On Earth, similar extremophiles thrive in desolate regions like Chile's Atacama Desert, where they shelter within hygroscopic rocks.

These rocks, incredibly salty and capable of drawing in minuscule amounts of water from the atmosphere, could provide the shelter and moisture needed for Martian microbes to survive.

If these microbes also contained hydrogen peroxide, a chemical compatible with some Earth-based life forms, they might have produced some of the gases detected by the Viking landers.

Support from Previous Studies

Schulze-Makuch's claims find support in a 2018 study published in the journal Scientific Reports. This study revealed that extreme floods in Chile's Atacama Desert had eradicated up to 85% of indigenous microbes that could not adapt to wetter conditions.

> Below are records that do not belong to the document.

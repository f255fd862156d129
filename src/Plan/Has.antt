-- ===== src/Plan/Has.antt =====
-- Which reactions a plan of src/scheduler/dependencies.rs holds at a level, under `insert` and
-- `absorb_after`, and the invariant that both keep.
use reactor_rs.Common.{
  ◌≡◌, refl, gt, Option, none, some, [], ◌∷◌, Bool, false, ◌&&◌, ◌||◌, arith, compare, leb, ==_iff,
  ◌==◌,
}
use reactor_rs.Common.Ord.{nat_ord}
use reactor_rs.Ids.{GlobalReactionId, id_eq}
use reactor_rs.Level.{Level, contains, is_empty, extend}
use reactor_rs.Level
use reactor_rs.Level.Members.{
  Distinct, contains-insert, contains-extend, extend-Distinct, is_empty-contains, insert-Distinct,
}
use reactor_rs.VecMap.{get, entry, Entry, vacant, occupied}
use reactor_rs.VecMap.Sorted.{IsSorted, Above}
use reactor_rs.VecMap.Reference.{lookup, alter, get-lookup}
use reactor_rs.VecMap.Laws.{lookup-alter, alter-IsSorted, lookup-Above}
use reactor_rs.VecMap.Entries.{settle, settle-entry}
use reactor_rs.VecMap.Walk.{suffix}
use reactor_rs.Plan.{ExecutableReactions, LevelIx, insert, insert_entry, absorb_after}
use reactor_rs.Plan.Absorb.{merge_from, absorb_level, absorb_after-merge_from, suffix-IsSorted}

-- Membership in the level found, if any.
abbrev pub in_level : Option Level → GlobalReactionId → Bool
in_level none id = false
in_level (some l) id = contains l id

-- Whether the plan runs the reaction at the level.
unfoldable pub has : ExecutableReactions → LevelIx → GlobalReactionId → Bool
has plan level id = in_level (get plan level) id

abbrev LevelsDistinct : ExecutableReactions → Type 0
LevelsDistinct [] = Unit
LevelsDistinct ((k, l) ∷ m) = Distinct l × LevelsDistinct m

-- Levels strictly ascend, and none holds a reaction twice.
pub record IsPlan (plan : ExecutableReactions) : Type 0 where
  pub sorted : IsSorted plan
  pub distinct : LevelsDistinct plan

abbrev found_in : ExecutableReactions → LevelIx → GlobalReactionId → Bool
found_in plan level id = in_level (lookup plan level) id

pub has-found_in :
    (plan : ExecutableReactions) (level : LevelIx) (id : GlobalReactionId)
    → IsSorted plan
    → has plan level id ≡ found_in plan level id
unfolding has
has-found_in plan level id s = ground (arith, get-lookup plan level s)

in_level-absorb_level :
    (l : Level) (old : Option Level) (id : GlobalReactionId)
    → contains (absorb_level l old) id ≡ (in_level old id || contains l id)
in_level-absorb_level l none id = refl
in_level-absorb_level l (some old) id =
    ground (arith, contains-extend old l id, is_empty-contains old id)

found_in-alter :
    (m : ExecutableReactions) (k : LevelIx) (l : Level) (level : LevelIx) (id : GlobalReactionId)
    → IsSorted m
    → found_in (alter m k (absorb_level l)) level id
      ≡ (found_in m level id || level == k && contains l id)
found_in-alter m k l level id s = ground (
  arith,
  lookup-alter m k (absorb_level l) level s,
  in_level-absorb_level l (lookup m k) id,
  ==_iff level k,
)

found_in-cons :
    (k : LevelIx) (l : Level) (m : ExecutableReactions) (level : LevelIx) (id : GlobalReactionId)
    → Above k m
    → found_in ((k, l) ∷ m) level id ≡ (level == k && contains l id || found_in m level id)
unfolding lookup
found_in-cons k l m level id a =
    ground (arith, lookup-Above m k a, ==_iff level k, lookup_low k m level a)
  where
    lookup_low :
        (k : LevelIx) (m : ExecutableReactions) (level : LevelIx)
        → Above k m
        → compare k level ≡ gt
        → lookup m level ≡ none
    lookup_low k [] level a h = refl
    lookup_low k ((j, v) ∷ m) level a h = ground arith

found_in-merge_from :
    (dst src : ExecutableReactions) (level : LevelIx) (id : GlobalReactionId)
    → IsSorted dst
    → IsSorted src
    → found_in (merge_from dst src) level id ≡ (found_in dst level id || found_in src level id)
unfolding merge_from lookup
found_in-merge_from dst [] level id s t = ground arith
found_in-merge_from dst ((k, l) ∷ src) level id s t = ground (
  arith,
  found_in-merge_from (alter dst k (absorb_level l)) src level id
      (alter-IsSorted dst k (absorb_level l) s) t.1,
  found_in-alter dst k l level id s,
  found_in-cons k l src level id t.0,
)

found_in-suffix :
    (m : ExecutableReactions) (min level : LevelIx) (id : GlobalReactionId)
    → IsSorted m
    → found_in (suffix m min) level id ≡ (leb min level && found_in m level id)
unfolding lookup
found_in-suffix [] min level id s = ground arith
found_in-suffix ((k, l) ∷ m) min level id s =
    ground (arith, found_in-suffix m min level id s.1, lookup-Above m k s.0)

alter-LevelsDistinct :
    (m : ExecutableReactions) (k : LevelIx) (f : Option Level → Level)
    → Distinct (f none)
    → ((old : Level) → Distinct old → Distinct (f (some old)))
    → LevelsDistinct m
    → LevelsDistinct (alter m k f)
unfolding alter
alter-LevelsDistinct [] k f d e t = (d, tt)
alter-LevelsDistinct ((j, v) ∷ m) k f d e t =
    ground (arith, alter-LevelsDistinct m k f d e t.1, e v t.0)

absorb_level-Distinct :
    (l old : Level) → Distinct l → Distinct old → Distinct (absorb_level l (some old))
absorb_level-Distinct l old d e = ground (arith, extend-Distinct old l e)

merge_from-IsPlan :
    (dst src : ExecutableReactions) → IsPlan dst → IsPlan src → IsPlan (merge_from dst src)
unfolding merge_from
merge_from-IsPlan dst [] p q = p
merge_from-IsPlan dst ((k, l) ∷ src) p q =
    merge_from-IsPlan (alter dst k (absorb_level l)) src
      (record {
        sorted = alter-IsSorted dst k (absorb_level l) p.sorted;
        distinct =
            alter-LevelsDistinct dst k (absorb_level l) q.distinct.0
              (λ old d. absorb_level-Distinct l old q.distinct.0 d) p.distinct;
      })
      (record { sorted = q.sorted.1; distinct = q.distinct.1 })

suffix-LevelsDistinct :
    (m : ExecutableReactions) (key : LevelIx) → LevelsDistinct m → LevelsDistinct (suffix m key)
suffix-LevelsDistinct [] key d = tt
suffix-LevelsDistinct ((k, v) ∷ m) key d = ground (arith, suffix-LevelsDistinct m key d.1)

-- `absorb_after` of a well-formed plan into another does not panic and ends in a well-formed plan.
-- At every level it holds what `dst` held and, from the given level on, what `src` holds too.
pub absorb_after_lem :
    (dst src : ExecutableReactions) (min : LevelIx)
    → IsPlan dst
    → IsPlan src
    → (merged : ExecutableReactions) × (absorb_after dst src min ≡ some merged)
      × IsPlan merged
      × ((level : LevelIx) (id : GlobalReactionId)
          → has merged level id ≡ (has dst level id || leb min level && has src level id))
absorb_after_lem dst src min p q =
    let taken = suffix src min in
    let merged = merge_from dst taken in
    let good : IsPlan merged = merge_from-IsPlan dst taken p (record {
      sorted = suffix-IsSorted src min q.sorted;
      distinct = suffix-LevelsDistinct src min q.distinct;
    }) in
    (
      merged,
      absorb_after-merge_from dst src min p.sorted q.sorted,
      good,
      λ level id. ground (
        arith,
        has-found_in merged level id good.sorted,
        has-found_in dst level id p.sorted,
        has-found_in src level id q.sorted,
        found_in-merge_from dst taken level id p.sorted (suffix-IsSorted src min q.sorted),
        found_in-suffix src min level id q.sorted,
      ),
    )

-- What a level becomes when a reaction is inserted.
abbrev insert_level : GlobalReactionId → Option Level → Level
insert_level id none = id ∷ []
insert_level id (some old) = Level.insert old id

in_level-insert_level :
    (id : GlobalReactionId) (old : Option Level) (q : GlobalReactionId)
    → contains (insert_level id old) q ≡ (in_level old q || id_eq id q)
unfolding contains
in_level-insert_level id none q = ground arith
in_level-insert_level id (some old) q = ground (arith, contains-insert old id q)

insert_entry-settle :
    (plan : ExecutableReactions) (e : Entry LevelIx) (id : GlobalReactionId)
    → insert_entry plan e id ≡ settle plan e (insert_level id)
unfolding insert_entry settle
insert_entry-settle plan (vacant key i) id = refl
insert_entry-settle plan (occupied key i) id = ground arith

-- `insert` adds the reaction at its level and changes nothing else; it keeps a plan well formed.
pub insert_lem :
    (plan : ExecutableReactions) (id : GlobalReactionId) (level : LevelIx)
    → IsPlan plan
    → IsPlan (insert plan id level)
      × ((l : LevelIx) (q : GlobalReactionId)
          → has (insert plan id level) l q ≡ (has plan l q || l == level && id_eq id q))
unfolding insert
insert_lem plan id level p =
    rw
      (
        insert_entry-settle plan (entry plan level) id,
        settle-entry plan level (insert_level id) p.sorted,
      )
      (
        good,
        λ l q. ground (
          arith,
          has-found_in (alter plan level (insert_level id)) l q good.sorted,
          has-found_in plan l q p.sorted,
          lookup-alter plan level (insert_level id) l p.sorted,
          in_level-insert_level id (lookup plan level) q,
          ==_iff l level,
        ),
      )
  where
    good : IsPlan (alter plan level (insert_level id))
    good = record {
      sorted = alter-IsSorted plan level (insert_level id) p.sorted;
      distinct =
          alter-LevelsDistinct plan level (insert_level id) (refl, tt)
            (λ old d. insert-Distinct old id d) p.distinct;
    }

This research underscores the delicate balance of moisture for extremophiles.

Controversy and Skepticism

Naturally, this provocative hypothesis has sparked controversy. In 2018, another group of researchers proposed that heating soil samples during the Viking experiments could have killed any Martian microbes present.

Moreover, LiveScience reports that some scientists believe that the presence of perchlorate, a chemical found on Mars, and its byproducts can adequately explain the gases detected in the Viking experiments, effectively debunking the need for a new type of Martian life.